Die britische Fluggesellschaft Easyjet hat für das erste Halbjahr des Geschäftsjahres 2026, das den Zeitraum bis Ende März umfasst, einen erheblichen Vorsteuerverlust gemeldet. Das Unternehmen rechnet mit einem Defizit zwischen 540 und 560 Millionen Pfund, was umgerechnet etwa 630 bis 654 Millionen Euro entspricht.
Trotz dieses negativen finanziellen Ergebnisses konnte die Airline eine robuste operative Nachfrage verzeichnen. Die Flugzeugauslastung stieg im Vergleich zum Vorjahreszeitraum um zwei Prozentpunkte auf 90 Prozent an. Besonders das Segment Easyjet Holidays entwickelte sich positiv und verzeichnete einen Zuwachs der Kundenzahlen um 22 Prozent, was die wachsende Bedeutung des Pauschalreisegeschäfts für den Konzern unterstreicht.

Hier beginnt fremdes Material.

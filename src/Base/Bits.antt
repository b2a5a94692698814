-- ===== src/Base/Bits.antt =====
-- The bit operations of the source as arithmetic on native numbers, and the proof that the two
-- agree: `x & (2^k - 1)`, `(x & (1 << k)) != 0`, and `(hi << k) | lo` with `lo` below `2^k`.
use Prim.Native.Nat.{
  ℕ, zero, suc, ◌+◌, ◌-◌, ◌*◌, ◌/◌, ◌%◌, ◌^◌, ◌≤◌, ◌<◌, min, max, bit_and, bit_or, digits,
  bit_and-bitwise, bit_or-bitwise, bit_xor, bit_xor-bitwise, differ,
}
use mathlib.Core.Path.{◌≡◌, refl, ap}
use mathlib.Core.Bool.{Bool}
use native.Mathlib.Omega.{arith}
use native.Mathlib.Nat.{pow-suc, one-le-pow, div-div-eq-div-mul}
use proto_time.Base.Tests.{◌==◌, if◌then◌else◌}

-- `x & (2^k - 1)`
abbrev pub low_bits : ℕ → ℕ → ℕ
low_bits k x = x % 2 ^ k

-- `x >> k`
abbrev pub shr : ℕ → ℕ → ℕ
shr k x = x / 2 ^ k

-- `(x & (1 << k)) != 0`
abbrev pub test_bit : ℕ → ℕ → Bool
test_bit k x = (x / 2 ^ k % 2) == 1

-- `(hi << k) | lo` where `lo` has at most `k` bits
abbrev pub join : ℕ → ℕ → ℕ → ℕ
join k hi lo = hi * 2 ^ k + lo

-- The native operations recur on the digits of the first number, which is also their fuel.
-- Any fuel that is not below that number gives the same.
module _ (z : ℕ → ℕ) (f : ℕ → ℕ → ℕ) where
  digits_fuel : (m n a b : ℕ) → a ≤ m → a ≤ n → digits z f m a b ≡ digits z f n a b
  digits_fuel zero zero a b p q = refl
  digits_fuel zero (suc n) zero b p q = refl
  digits_fuel zero (suc n) (suc a) b p q = absurd (omega arith)
  digits_fuel (suc m) zero zero b p q = refl
  digits_fuel (suc m) zero (suc a) b p q = absurd (omega arith)
  digits_fuel (suc m) (suc n) zero b p q = refl
  digits_fuel (suc m) (suc n) (suc a) b p q =
      ap (λ (t : ℕ). t * 2 + f (suc a % 2) (b % 2))
        (digits_fuel m n (suc a / 2) (b / 2) (omega arith) (omega arith))

  digits_step :
      (a b : ℕ)
      → digits z f (suc a) (suc a) b
        ≡ digits z f (suc a / 2) (suc a / 2) (b / 2) * 2 + f (suc a % 2) (b % 2)
  digits_step a b =
      ap (λ (t : ℕ). t * 2 + f (suc a % 2) (b % 2))
        (digits_fuel a (suc a / 2) (suc a / 2) (b / 2) (omega arith) (omega arith))

bit_and_step : (a b : ℕ) → bit_and a b ≡ bit_and (a / 2) (b / 2) * 2 + min (a % 2) (b % 2)
bit_and_step zero b = omega (arith, bit_and-bitwise 0 b, bit_and-bitwise 0 (b / 2))
bit_and_step (suc a) b = omega (
  arith,
  bit_and-bitwise (suc a) b,
  bit_and-bitwise (suc a / 2) (b / 2),
  digits_step (λ y. 0) min a b,
)

bit_or_step : (a b : ℕ) → bit_or a b ≡ bit_or (a / 2) (b / 2) * 2 + max (a % 2) (b % 2)
bit_or_step zero b = omega (arith, bit_or-bitwise 0 b, bit_or-bitwise 0 (b / 2))
bit_or_step (suc a) b = omega (
  arith,
  bit_or-bitwise (suc a) b,
  bit_or-bitwise (suc a / 2) (b / 2),
  digits_step (λ y. y) max a b,
)

bit_and-zero : (n a : ℕ) → a ≤ n → bit_and a 0 ≡ 0
bit_and-zero n zero h = refl
bit_and-zero zero (suc a) h = absurd (omega arith)
bit_and-zero (suc n) (suc a) h =
    omega (arith, bit_and_step (suc a) 0, bit_and-zero n (suc a / 2) (omega arith))

bit_or-zero : (n a : ℕ) → a ≤ n → bit_or a 0 ≡ a
bit_or-zero n zero h = refl
bit_or-zero zero (suc a) h = absurd (omega arith)
bit_or-zero (suc n) (suc a) h =
    omega (arith, bit_or_step (suc a) 0, bit_or-zero n (suc a / 2) (omega arith))

mod_two-mul : (p x : ℕ) → 1 ≤ p → x % (2 * p) ≡ (x / 2 % p) * 2 + x % 2
mod_two-mul p x h = grind arith

-- `x & (2^k - 1)` is the remainder by `2^k`.
pub bit_and_mask : (k x : ℕ) → bit_and x (2 ^ k - 1) ≡ low_bits k x
bit_and_mask zero x = omega (arith, bit_and-zero x x (omega arith))
bit_and_mask (suc k) x = ground (
  arith,
  bit_and_step x (2 ^ suc k - 1),
  pow-suc 2 k,
  one-le-pow k 2,
  bit_and_mask k (x / 2),
  mod_two-mul (2 ^ k) x,
)

-- `(hi << k) | lo` is a sum where `lo` is below `2^k`.
pub bit_or-join : (k hi lo : ℕ) → lo < 2 ^ k → bit_or (hi * 2 ^ k) lo ≡ join k hi lo
bit_or-join zero hi lo h = ground (arith, bit_or-zero hi hi)
bit_or-join (suc k) hi lo h = ground (
  arith,
  bit_or_step (hi * 2 ^ suc k) lo,
  pow-suc 2 k,
  ap (λ (t : ℕ). hi * t) (pow-suc 2 k),
  bit_or-join k hi (lo / 2) (omega (arith, pow-suc 2 k)),
)

-- Bounds of the operations on numbers of `k` bits.
pub bit_and_le : (k a b : ℕ) → b < 2 ^ k → bit_and a b ≤ b
bit_and_le zero a zero h = omega (arith, bit_and-zero a a (omega arith))
bit_and_le zero a (suc b) h = absurd (omega arith)
bit_and_le (suc k) a b h =
    omega (arith, bit_and_step a b, bit_and_le k (a / 2) (b / 2) (omega (arith, pow-suc 2 k)))

pub bit_or_bound : (k a b : ℕ) → a < 2 ^ k → b < 2 ^ k → bit_or a b < 2 ^ k
bit_or_bound zero zero zero h g = omega arith
bit_or_bound zero (suc a) b h g = absurd (omega arith)
bit_or_bound zero zero (suc b) h g = absurd (omega arith)
bit_or_bound (suc k) a b h g = omega (
  arith,
  bit_or_step a b,
  pow-suc 2 k,
  bit_or_bound k (a / 2) (b / 2) (omega (arith, pow-suc 2 k)) (omega (arith, pow-suc 2 k)),
)

differ_bound : (a b : ℕ) → a < 2 → b < 2 → differ a b < 2
differ_bound zero b p q = q
differ_bound (suc zero) zero p q = omega arith
differ_bound (suc zero) (suc zero) p q = omega arith
differ_bound (suc zero) (suc (suc b)) p q = absurd (omega arith)
differ_bound (suc (suc a)) b p q = absurd (omega arith)

bit_xor-zero : (b : ℕ) → bit_xor 0 b ≡ b
bit_xor-zero b = omega (arith, bit_xor-bitwise 0 b)

bit_xor_step : (a b : ℕ) → bit_xor a b ≡ bit_xor (a / 2) (b / 2) * 2 + differ (a % 2) (b % 2)
bit_xor_step zero b = omega (arith, bit_xor-zero b, bit_xor-zero (b / 2))
bit_xor_step (suc a) b = omega (
  arith,
  bit_xor-bitwise (suc a) b,
  bit_xor-bitwise (suc a / 2) (b / 2),
  digits_step (λ y. y) differ a b,
)

pub bit_xor_bound : (k a b : ℕ) → a < 2 ^ k → b < 2 ^ k → bit_xor a b < 2 ^ k
bit_xor_bound zero zero zero h g = omega (arith, bit_xor-zero 0)
bit_xor_bound zero (suc a) b h g = absurd (omega arith)
bit_xor_bound zero zero (suc b) h g = absurd (omega arith)
bit_xor_bound (suc k) a b h g = omega (
  arith,
  bit_xor_step a b,
  pow-suc 2 k,
  differ_bound (a % 2) (b % 2) (omega arith) (omega arith),
  bit_xor_bound k (a / 2) (b / 2) (omega (arith, pow-suc 2 k)) (omega (arith, pow-suc 2 k)),
)

-- `x | (1 << k)` as arithmetic.
pub bit_or_single : (k x : ℕ) → bit_or x (2 ^ k) ≡ (if test_bit k x then x else x + 2 ^ k)
bit_or_single zero x = ground (arith, bit_or_step x 1, bit_or-zero (x / 2) (x / 2))
bit_or_single (suc k) x = ground (
  arith,
  bit_or_step x (2 ^ suc k),
  pow-suc 2 k,
  one-le-pow k 2,
  div-div-eq-div-mul x 2 (2 ^ k),
  bit_or_single k (x / 2),
)

-- A mask whose low four bits are clear leaves none of them.
pub bit_and_high_half : (a b : ℕ) → bit_and a (16 * b) % 16 ≡ 0
bit_and_high_half a b = omega (
  arith,
  bit_and_step a (16 * b),
  bit_and_step (a / 2) (16 * b / 2),
  bit_and_step (a / 2 / 2) (16 * b / 2 / 2),
  bit_and_step (a / 2 / 2 / 2) (16 * b / 2 / 2 / 2),
)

Das Finanzergebnis wurde maßgeblich durch externe Faktoren und makroökonomische Spannungen beeinträchtigt. Insbesondere der anhaltende Nahostkonflikt belastete die Bilanz mit zusätzlichen Treibstoffkosten in Höhe von rund 25 Millionen Pfund. Zudem führten höhere Rückstellungen und gestiegene Betriebskosten zu einer Schmälerung der Margen. Marktbeobachter weisen darauf hin, dass neben den direkten Kostensteigerungen auch die notwendige Umplanung von Routen und die zeitweise Aussetzung von Verbindungen in Krisenregionen zu operativen Ineffizienzen führten. Dennoch betont das Management, dass sich die allgemeinen Einnahmen und Kostenstrukturen weitgehend im Rahmen der internen Erwartungen bewegten.
Für das restliche Geschäftsjahr bleibt das Marktumfeld von Unsicherheiten geprägt. Die Airline sieht sich mit volatilen Kerosinpreisen und einem Trend zu immer kurzfristigeren Buchungen konfrontiert, was die verlässliche Kapazitätsplanung erschwert. Branchenexperten analysieren zudem den verstärkten Wettbewerbsdruck im europäischen Billigflugsegment, da Konkurrenten wie Ryanair und Wizz Air ihre Flottenkapazitäten ebenfalls massiv ausbauen. Easyjet verweist zur Beruhigung der Investoren jedoch auf eine liquide Reserve von 4,7 Milliarden Pfund, was dem Unternehmen eine solide finanzielle Basis für künftige Investitionen und zur Überbrückung saisonaler Schwankungen bietet.
Im Hinblick auf die kommenden Sommermonate plant die Fluggesellschaft eine weitere Expansion ihres Streckennetzes, insbesondere von den britischen Standorten London-Luton und Manchester aus. Die Strategie fokussiert sich dabei auf die Stärkung der Marktposition an frequenzstarken Primärflughäfen, um Geschäftsreisende und anspruchsvolle Privaturlauber gleichermaßen anzusprechen. Während die Verluste im Winterhalbjahr bei europäischen Billigfliegern aufgrund der Saisonalität nicht ungewöhnlich sind, wird die Profitabilität des Gesamtjahres entscheidend von der Preisdurchsetzungskraft während der Hochsaison abhängen.